What version of Dgraph are you using?
Dgraph Version
$ dgraph version
[Decoder]: Using assembly version of decoder
Page Size: 4096
Dgraph version : v20.11.0
Dgraph codename : tchalla
Dgraph SHA-256 : 8acb886b24556691d7d74929817a4ac7d9db76bb8b77de00f44650931a16b6ac
Commit SHA-1 : c4245ad55
Commit timestamp : 2020-12-16 15:55:40 +0530
Branch : HEAD
Go version : go1.15.5
jemalloc enabled : true
Have you tried reproducing the issue with the latest release?
no
What is the hardware spec (RAM, OS)?
kubernetes(gke) 3 alphas, 1 group - 11core, 30GB ram each, 512Gi ssds.
Steps to reproduce the issue (command/config used to run Dgraph).
Normal helm install from chart.
I have a cluster (1 group) with a RAFT member that was far behind the rest of the alpha group:
I found in the logs that the group leader is trying to send him snapshots constantly:
I0316 20:48:47.277307 19 log.go:34] Sending Snapshot Sent data of size 18 GiB
I0316 20:48:47.792421 19 snapshot.go:252] Streaming done. Waiting for ACK...

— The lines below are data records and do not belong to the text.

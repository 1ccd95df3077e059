-- ===== src/Storage/Sqlite/Opening.antt =====
-- `SqliteStore::new` of src/storage/sqlite.rs: what it does to the database file.
use Prim.Native.String.{String, ◌++◌ as append}
use tari_vault.Base.{
  ℕ, ◌≡◌, refl, Bool, true, false, Option, none, some, List, Result, ok, err, map_err, Exec, pure,
  ◌>>◌, Option-cases, inl, inr, ◌⊎◌,
}
use tari_vault.Error.{StorageError, io}
use tari_vault.Storage.Faults.{Faults, outcome, later}
use tari_vault.Storage.LocalFile.{owner_only}
use tari_vault.Storage.Sqlite.{Row}

-- The database file, if there is one: its mode, whether the table `proofs` is in it, and the rows of the table.
pub record DbFile : Type 0 where
  pub mode : Option ℕ
  pub migrated : Bool
  pub rows : List Row
  pub has_parent : Bool
  pub faults : Faults

abbrev Op : Type 0 → Type 0
Op A = Exec DbFile StorageError A

answer : Option String → Result StorageError (Unit {0})
answer none = ok tt
answer (some e) = err (io e)

-- A call that leaves the program, and changes the file if it works.
changed : (DbFile → DbFile) → Option String → DbFile → DbFile
changed f none d = f d
changed f (some e) d = d

call : (DbFile → DbFile) → Op (Unit {0})
unfolding answer changed
call f d =
    (answer (outcome d.faults), changed f (outcome d.faults) (record d { faults = later d.faults }))

-- `create_dir_all` of the parent, where the path has one
create_dir_all : Bool → Op (Unit {0})
unfolding call
create_dir_all true = call (λ d. d)
create_dir_all false = pure tt

existing_or : ℕ → Option ℕ → ℕ
existing_or default_mode none = default_mode
existing_or default_mode (some mode) = mode

-- SQLite makes a file that is not there, with the mode that the process makes files with.
opened : ℕ → DbFile → DbFile
unfolding existing_or
opened default_mode d = record d { mode = some (existing_or default_mode d.mode) }

migration_failed : StorageError → StorageError
migration_failed (io e) = io (append "Migration failed: " e)
migration_failed other = other

to_latest : Op (Unit {0})
unfolding call migration_failed
to_latest d =
    let out = call (λ d. record d { migrated = true }) d in (map_err migration_failed out.0, out.1)

-- The directory, the connection, the pragmas, the migrations, the permissions.
unfoldable pub new : ℕ → Op (Unit {0})
unfolding create_dir_all call opened to_latest
new default_mode d =
    (do
      create_dir_all d.has_parent
      call (opened default_mode)
      call (λ d. d)
      to_latest
      call (λ d. record d { mode = some owner_only }))
      d

-- The file after a start that failed.
abbrev pub Partly : ℕ → DbFile → DbFile → Type 0
Partly default_mode d d' = (d'.mode ≡ d.mode) ⊎ ((d.mode ≡ none) × (d'.mode ≡ some default_mode))

abbrev next : DbFile → DbFile
next d = record d { faults = later d.faults }

module _ (P : Result StorageError (Unit {0}) × DbFile → Type 0) where
  call-last :
      (f : DbFile → DbFile) (d : DbFile)
      → ((e : StorageError) → P (err e, next d))
      → P (ok tt, f (next d))
      → P (call f d)
  unfolding call answer changed
  call-last f d fails works = elim (Option-cases (outcome d.faults)) [
    | inl fine ↦ rw fine works
    | inr (e, bad) ↦ rw bad (fails (io e))
  ]

  call-then :
      (f : DbFile → DbFile) (k : Op (Unit {0})) (d : DbFile)
      → ((e : StorageError) → P (err e, next d))
      → P (k (f (next d)))
      → P ((call f >> k) d)
  unfolding call answer changed
  call-then f k d fails works = elim (Option-cases (outcome d.faults)) [
    | inl fine ↦ rw fine works
    | inr (e, bad) ↦ rw bad (fails (io e))
  ]

  to_latest-then :
      (k : Op (Unit {0})) (d : DbFile)
      → ((e : StorageError) → P (err e, next d))
      → P (k (record (next d) { migrated = true }))
      → P ((to_latest >> k) d)
  unfolding to_latest call answer changed migration_failed
  to_latest-then k d fails works = elim (Option-cases (outcome d.faults)) [
    | inl fine ↦ rw fine works
    | inr (e, bad) ↦ rw bad (fails (io (append "Migration failed: " e)))
  ]

-- What opening comes to, from a file `d` to an answer and a file.
abbrev Opens : ℕ → DbFile → Result StorageError (Unit {0}) × DbFile → Type 0
Opens default_mode d out =
    (((out.0 ≡ ok tt) × (out.1.mode ≡ some owner_only) × (out.1.migrated ≡ true))
      ⊎ (((e : StorageError) × (out.0 ≡ err e)) × Partly default_mode d out.1))
    × (out.1.rows ≡ d.rows)

opened-Partly :
    (default_mode : ℕ) (d d' : DbFile)
    → d'.mode ≡ d.mode
    → Partly default_mode d (opened default_mode d')
unfolding opened existing_or
opened-Partly default_mode d d' same = elim (Option-cases d.mode) [
  | inl absent ↦ inr (absent, rw (same, absent) refl)
  | inr (mode, there) ↦ inl (rw (same, there) refl)
]

abbrev permitted : DbFile → DbFile
permitted d = record d { mode = some owner_only }

-- After the connection has made or found the file.
connected-Opens :
    (default_mode : ℕ) (d d' : DbFile)
    → Partly default_mode d d'
    → d'.rows ≡ d.rows
    → Opens default_mode d ((call (λ d. d) >> (to_latest >> call permitted)) d')
connected-Opens default_mode d d' partly rows =
    call-then (Opens default_mode d) (λ d. d) (to_latest >> call permitted) d'
      (λ e. (inr ((e, refl), partly), rows))
      (to_latest-then (Opens default_mode d) (call permitted) (next d')
        (λ e. (inr ((e, refl), partly), rows))
        (call-last (Opens default_mode d) permitted (record (next (next d')) { migrated = true })
          (λ e. (inr ((e, refl), partly), rows)) (inl (refl, refl, refl), rows)))

directory-Opens :
    (default_mode : ℕ) (d d' : DbFile)
    → d'.mode ≡ d.mode
    → d'.rows ≡ d.rows
    → Opens default_mode d
        ((call (opened default_mode) >> (call (λ d. d) >> (to_latest >> call permitted))) d')
unfolding opened
directory-Opens default_mode d d' mode rows =
    call-then (Opens default_mode d) (opened default_mode)
      (call (λ d. d) >> (to_latest >> call permitted)) d' (λ e. (inr ((e, refl), inl mode), rows))
      (connected-Opens default_mode d (opened default_mode (next d'))
        (opened-Partly default_mode d (next d') mode) rows)

created-Opens :
    (has_parent : Bool) (default_mode : ℕ) (d : DbFile)
    → Opens default_mode d (
        (create_dir_all has_parent
            >> (call (opened default_mode) >> (call (λ d. d) >> (to_latest >> call permitted))))
          d)
unfolding create_dir_all
created-Opens false default_mode d = directory-Opens default_mode d d refl refl
created-Opens true default_mode d =
    call-then (Opens default_mode d) (λ d. d)
      (call (opened default_mode) >> (call (λ d. d) >> (to_latest >> call permitted))) d
      (λ e. (inr ((e, refl), inl refl), refl)) (directory-Opens default_mode d (next d) refl refl)

-- Whatever calls of the environment fail: opening succeeds, and then the table is there and the mode is 0600; or it
-- fails, and then the mode is what it was, or, of a file that was not there, the one that the process makes files with. The rows stay.
pub new_store :
    (default_mode : ℕ) (d : DbFile)
    → ((((new default_mode d).0 ≡ ok tt)
          × ((new default_mode d).1.mode ≡ some owner_only)
          × ((new default_mode d).1.migrated ≡ true))
        ⊎ (((e : StorageError) × ((new default_mode d).0 ≡ err e))
            × Partly default_mode d (new default_mode d).1))
      × ((new default_mode d).1.rows ≡ d.rows)
unfolding new
new_store default_mode d = created-Opens d.has_parent default_mode d
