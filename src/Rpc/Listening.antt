-- ===== src/Rpc/Listening.antt =====
-- `start_plain`, `start_tls` and `build_tls_acceptor` of src/rpc/server.rs: the sockets that a start opens.
pub mod Safety
use Prim.Native.String.{String}
use tari_vault.Base.{
  ℕ, Bytes, Option, none, some, List, [], ◌∷◌, Result, ok, err, panic, Exec, pure, lift, ◌>>=◌,
  ◌>>◌,
}
use tari_vault.Storage.Faults.{Faults, outcome, later}
use tari_vault.Auth.{BearerAuthLayer}
use tari_vault.Rpc.Serving.{TlsConfig, Listener, plain, tls}

-- A socket that serves: plain HTTP at an address, behind a layer and a limit, or TLS in front of a plain server.
pub data Socket : Type 0 where
  http : Bytes → BearerAuthLayer → ℕ → Socket
  https : Bytes → Socket

-- The process's sockets, and which of the calls that leave the program fail.
pub record Net : Type 0 where
  pub sockets : List Socket
  pub faults : Faults

-- The text of the `anyhow::Error`, without its context.
abbrev Op : Type 0 → Type 0
Op A = Exec Net String A

answer : Option String → Result String (Unit {0})
answer none = ok tt
answer (some e) = err e

call : Op (Unit {0})
unfolding answer
call n = (answer (outcome n.faults), record n { faults = later n.faults })

serve_on : Socket → Op (Unit {0})
serve_on socket n = (ok tt, record n { sockets = socket ∷ n.sockets })

-- The files, `rustls_pemfile` and `rustls`.
pub record Rustls : Type 1 where
  pub Certs : Type 0
  pub Key : Type 0
  pub Acceptor : Type 0
  pub contents : Bytes → Bytes
  pub certs : Bytes → Result String Certs
  pub private_key : Bytes → Result String (Option Key)
  pub with_single_cert : Certs → Key → Result String Acceptor

-- "127.0.0.1:0"
abbrev pub loopback_any : Bytes
loopback_any = b'1' ∷ b'2' ∷ b'7' ∷ b'.' ∷ b'0' ∷ b'.' ∷ b'0' ∷ b'.' ∷ b'1' ∷ b':' ∷ b'0' ∷ []

module _ (rustls : Rustls) where
  read : Bytes → Op Bytes
  unfolding call
  read path = do call; pure (rustls.contents path)

  acceptor_of : Bytes → Bytes → Result String rustls.Acceptor
  acceptor_of cert_bytes key_bytes = elim (rustls.certs cert_bytes) [
    | err e ↦ err e
    | panic ↦ panic
    | ok certs ↦ elim (rustls.private_key key_bytes) [
      | err e ↦ err e
      | panic ↦ panic
      | ok none ↦ err "no private key found in TLS key file"
      | ok (some key) ↦ rustls.with_single_cert certs key
    ]
  ]

  unfoldable pub build_tls_acceptor : TlsConfig → Op rustls.Acceptor
  unfolding read acceptor_of
  build_tls_acceptor cfg = do
    cert_bytes ← read cfg.cert_path
    key_bytes ← read cfg.key_path
    lift (acceptor_of cert_bytes key_bytes)

  -- `build` binds the address; `local_addr` asks for it; `start` serves.
  unfoldable pub start_plain : Bytes → BearerAuthLayer → ℕ → Op (Unit {0})
  unfolding call serve_on
  start_plain bind_addr auth limit = do call; call; serve_on (http bind_addr auth limit)

  -- The public listener, and the task that takes its connections.
  start_proxy : Bytes → Op (Unit {0})
  unfolding call serve_on
  start_proxy bind_addr = do call; call; serve_on (https bind_addr)

  -- Behind the proxy a plain server like that of `start_plain` stands on a loopback port.
  unfoldable pub start_tls : Bytes → TlsConfig → BearerAuthLayer → ℕ → Op (Unit {0})
  unfolding build_tls_acceptor start_plain start_proxy
  start_tls bind_addr cfg auth limit = do
    build_tls_acceptor cfg
    start_plain loopback_any auth limit
    start_proxy bind_addr

  unfoldable pub listen : Listener → Op (Unit {0})
  unfolding start_plain start_tls
  listen (plain bind_addr auth limit) = start_plain bind_addr auth limit
  listen (tls bind_addr cfg auth limit) = start_tls bind_addr cfg auth limit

I0316 20:48:49.096330 19 snapshot.go:257] Received ACK with done: true
I0316 20:48:49.096360 19 snapshot.go:298] Stream snapshot: OK
I0316 20:48:50.153753 19 snapshot.go:292] Got StreamSnapshot request: context:<id:2 group:1 addr:"ADDR_REDACTED:7080" > index:94158883 read_ts:9278223
I0316 20:48:50.170605 19 snapshot.go:201] Waiting to reach timestamp: 92782239
I0316 20:48:50.573906 19 log.go:34] Sending Snapshot Sending batch of size: 17 MB.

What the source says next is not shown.